Another possibility does, however, present itself: should the right to liberty of individuals be restricted because it has the potential to interfere with the right to receive healthcare, which arguably does exist (certainly in the U.K.), and which might be critically undermined if hospitals were overwhelmed? The answer to that question I think has to be ‘yes’, with the caveat that it has to be plausibly demonstrated that hospitals are going to be overwhelmed if the right to liberty is not restricted (which also requires evidence that lockdowns actually work!), that everything has been done reasonably to increase hospital capacity, and that it does not involve the closure of schools, where for reasons we do not need to go into the competing rights arguments grow complicated. There might in other words be a justification for partial lockdowns on a competing-rights basis if it were true that the NHS simply could not cope with the pressure otherwise and would have to start refusing treatment.

The “overriding public emergency” justification collapses into the above, in that if the public health system collapsed then that would probably constitute an overriding public emergency, meaning restrictions on liberty would be permissible. Again, it bears emphasising that the mere spreading of disease and the fact of illnesses and deaths occurring, while sad, is not in itself a public emergency.

Where does that leave us, then? First, it suggests that without a strong evidentiary basis, the mandating of the wearing of face masks and social distancing really ought never to be permissible, because without that strong evidentiary basis it is not rationally connected to the goal of preventing hospitals being overwhelmed. ‘It makes people feel safer’ is not a valid reason for the making of such requirements.

Second, by the same token, it suggests that stopping people developing ‘Long Covid’ or dying from disease is not in itself a valid justification for any restrictions on liberty. I am not being facetious in making clear that I do believe that all human lives are precious, but I think freedom from state coercion is too.

Third, it suggests that ‘hard’ lockdowns, not including schools, might be permitted where there is a strong case to be made that hospitals will not cope otherwise and all that can be done to remedy that problem (for instance, the use of Nightingale hospitals) has been done. I do not believe we have ever been at that point during any stage of this pandemic, and we certainly are not at that stage now. We might be at some stage in some future health crisis, though.

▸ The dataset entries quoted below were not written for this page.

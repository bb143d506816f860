-- ===== src/Common/Distinct.antt =====
-- Maps whose keys are distinct, and the removal of the entries that pass a test.
use mathlib.Core.Path.{◌≡◌, refl}
use mathlib.Core.Bool.{Bool, true, false}
use mathlib.Core.List.{List, [], ◌∷◌}
use mathlib.Core.Option.{Option, none, some}
use mathlib.Core.Logic.{inl, inr}
use native.Mathlib.Omega.{arith}
use runcor.Common.Tests.{if◌then◌else◌, Option-cases}
use runcor.Common.Lists.{filter_by, All}
use runcor.Common.Equality.{Eq, includes}
use runcor.Common.Dict.{
  Dict, get, set, delete, keys, values, delete_all, get-set, get-delete, get-delete_all,
}

module _ {κ} {V : Type κ} where
  -- The value, unless it passes the test.
  abbrev pub unless : (V → Bool) → Option V → Option V
  unless p none = none
  unless p (some v) = if p v then none else some v

module _ {ℓ κ} {K : Type ℓ} {V : Type κ} ⦃e : Eq K⦄ where
  abbrev pub Distinct : Dict K V → Type κ
  Distinct [] = Unit
  Distinct ((k, v) ∷ m) = (get k m ≡ none) × Distinct m

  -- The keys of the values that pass a test.
  abbrev pub keys_where : (V → Bool) → Dict K V → List K
  keys_where p m = keys (filter_by (λ kv. p kv.1) m)

  absent-keys_where :
      (p : V → Bool) (j : K) (m : Dict K V) → get j m ≡ none → includes (keys_where p m) j ≡ false
  unfolding get
  absent-keys_where p j [] h = refl
  absent-keys_where p j ((k, v) ∷ m) h = ground (arith, absent-keys_where p j m)

  hit-keys_where :
      (p : V → Bool) (j : K) (v : V) (m : Dict K V)
      → get j m ≡ some v
      → p v ≡ true
      → includes (keys_where p m) j ≡ true
  unfolding get
  hit-keys_where p j v [] h q = cc
  hit-keys_where p j v ((k, w) ∷ m) h q = ground (arith, hit-keys_where p j v m)

  miss-keys_where :
      (p : V → Bool) (j : K) (v : V) (m : Dict K V)
      → Distinct m
      → get j m ≡ some v
      → p v ≡ false
      → includes (keys_where p m) j ≡ false
  unfolding get
  miss-keys_where p j v [] d h q = cc
  miss-keys_where p j v ((k, w) ∷ m) d h q =
      ground (arith, e.same_iff k j, miss-keys_where p j v m d.1, absent-keys_where p j m, d.0)

  pub get-delete_where :
      (p : V → Bool) (j : K) (m : Dict K V)
      → Distinct m
      → get j (delete_all (keys_where p m) m) ≡ unless p (get j m)
  get-delete_where p j m d = elim (Option-cases (get j m)) [
    | inl h ↦ ground (arith, get-delete_all (keys_where p m) j m, h)
    | inr (v, h) ↦ ground (
      arith,
      get-delete_all (keys_where p m) j m,
      hit-keys_where p j v m h,
      miss-keys_where p j v m d h,
      h,
    )
  ]

  pub set-Distinct : (k : K) (v : V) (m : Dict K V) → Distinct m → Distinct (set k v m)
  unfolding set get
  set-Distinct k v [] d = (refl, tt)
  set-Distinct k v ((j, w) ∷ m) d =
      ground (arith, e.same_iff j k, e.same_iff k j, set-Distinct k v m d.1, get-set k j v m, d.0)

  pub delete-Distinct : (k : K) (m : Dict K V) → Distinct m → Distinct (delete k m)
  unfolding delete
  delete-Distinct k [] d = tt
  delete-Distinct k ((j, w) ∷ m) d = ground (arith, delete-Distinct k m d.1, get-delete k j m, d.0)

  pub delete_all-Distinct : (ks : List K) (m : Dict K V) → Distinct m → Distinct (delete_all ks m)
  unfolding delete_all
  delete_all-Distinct [] m d = d
  delete_all-Distinct (k ∷ ks) m d = delete_all-Distinct ks (delete k m) (delete-Distinct k m d)

  -- What every lookup gives satisfies `P`, and so every value does.
  pub All-values :
      (P : V → Type 0) (m : Dict K V)
      → Distinct m
      → ((k : K) (v : V) → get k m ≡ some v → P v)
      → All P (values m)
  unfolding get
  All-values P [] d f = tt
  All-values P ((k, v) ∷ m) d f = (
    f k v (ground (arith, e.same_iff k k)),
    All-values P m d.1 (λ j w h. f j w (ground (arith, e.same_iff k j, d.0, h))),
  )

Fourth, it suggests that vaccine passports, mandatory ‘track and trace’ and the like ought not to be permitted, because – again – there is no good evidence that such measures are rationally connected to preventing the NHS from being overwhelmed. If it were to get to the point that hospitals could not cope with the influx of patients, vaccine passports and ‘track and trace’ would be fig leaves at best, and ‘track and trace’ has manifestly failed to have any significant impact on viral spread.

Of course, all of these arguments disappear if one is happy with the prospect of not living in a liberal democracy in the first place.